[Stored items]

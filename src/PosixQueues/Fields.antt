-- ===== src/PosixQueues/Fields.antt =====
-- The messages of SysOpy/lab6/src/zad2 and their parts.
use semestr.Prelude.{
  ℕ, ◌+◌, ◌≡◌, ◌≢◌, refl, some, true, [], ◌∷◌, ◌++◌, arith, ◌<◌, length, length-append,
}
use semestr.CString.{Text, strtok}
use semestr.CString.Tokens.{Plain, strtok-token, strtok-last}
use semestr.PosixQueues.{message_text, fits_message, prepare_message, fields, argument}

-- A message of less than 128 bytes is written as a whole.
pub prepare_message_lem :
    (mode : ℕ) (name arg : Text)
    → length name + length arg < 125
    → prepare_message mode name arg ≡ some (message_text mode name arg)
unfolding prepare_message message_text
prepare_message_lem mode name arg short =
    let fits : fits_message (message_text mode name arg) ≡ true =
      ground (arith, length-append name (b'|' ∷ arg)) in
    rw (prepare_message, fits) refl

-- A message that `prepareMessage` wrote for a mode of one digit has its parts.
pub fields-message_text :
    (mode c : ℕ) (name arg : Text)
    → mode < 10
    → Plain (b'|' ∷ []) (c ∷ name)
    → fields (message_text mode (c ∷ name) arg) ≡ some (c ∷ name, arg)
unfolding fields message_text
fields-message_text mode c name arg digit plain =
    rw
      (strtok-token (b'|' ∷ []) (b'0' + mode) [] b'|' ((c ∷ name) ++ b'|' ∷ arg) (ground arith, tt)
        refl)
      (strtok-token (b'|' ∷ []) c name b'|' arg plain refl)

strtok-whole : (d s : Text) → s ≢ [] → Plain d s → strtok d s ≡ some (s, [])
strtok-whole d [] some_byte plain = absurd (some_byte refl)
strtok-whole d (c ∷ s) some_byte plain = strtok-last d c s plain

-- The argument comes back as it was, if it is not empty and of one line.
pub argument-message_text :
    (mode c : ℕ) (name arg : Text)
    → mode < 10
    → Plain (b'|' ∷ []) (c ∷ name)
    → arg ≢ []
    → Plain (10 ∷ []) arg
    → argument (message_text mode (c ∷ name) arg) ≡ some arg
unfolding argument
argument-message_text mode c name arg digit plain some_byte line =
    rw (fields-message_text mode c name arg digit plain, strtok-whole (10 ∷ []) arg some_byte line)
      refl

### Your objective
From the records, copy every line that has the string "strtok" in it.

### Written answer
use semestr.CString.{Text, strtok}
use semestr.CString.Tokens.{Plain, strtok-token, strtok-last}
      (strtok-token (b'|' ∷ []) (b'0' + mode) [] b'|' ((c ∷ name) ++ b'|' ∷ arg) (ground arith, tt)
      (strtok-token (b'|' ∷ []) c name b'|' arg plain refl)
strtok-whole : (d s : Text) → s ≢ [] → Plain d s → strtok d s ≡ some (s, [])
strtok-whole d [] some_byte plain = absurd (some_byte refl)
strtok-whole d (c ∷ s) some_byte plain = strtok-last d c s plain
    rw (fields-message_text mode c name arg digit plain, strtok-whole (10 ∷ []) arg some_byte line)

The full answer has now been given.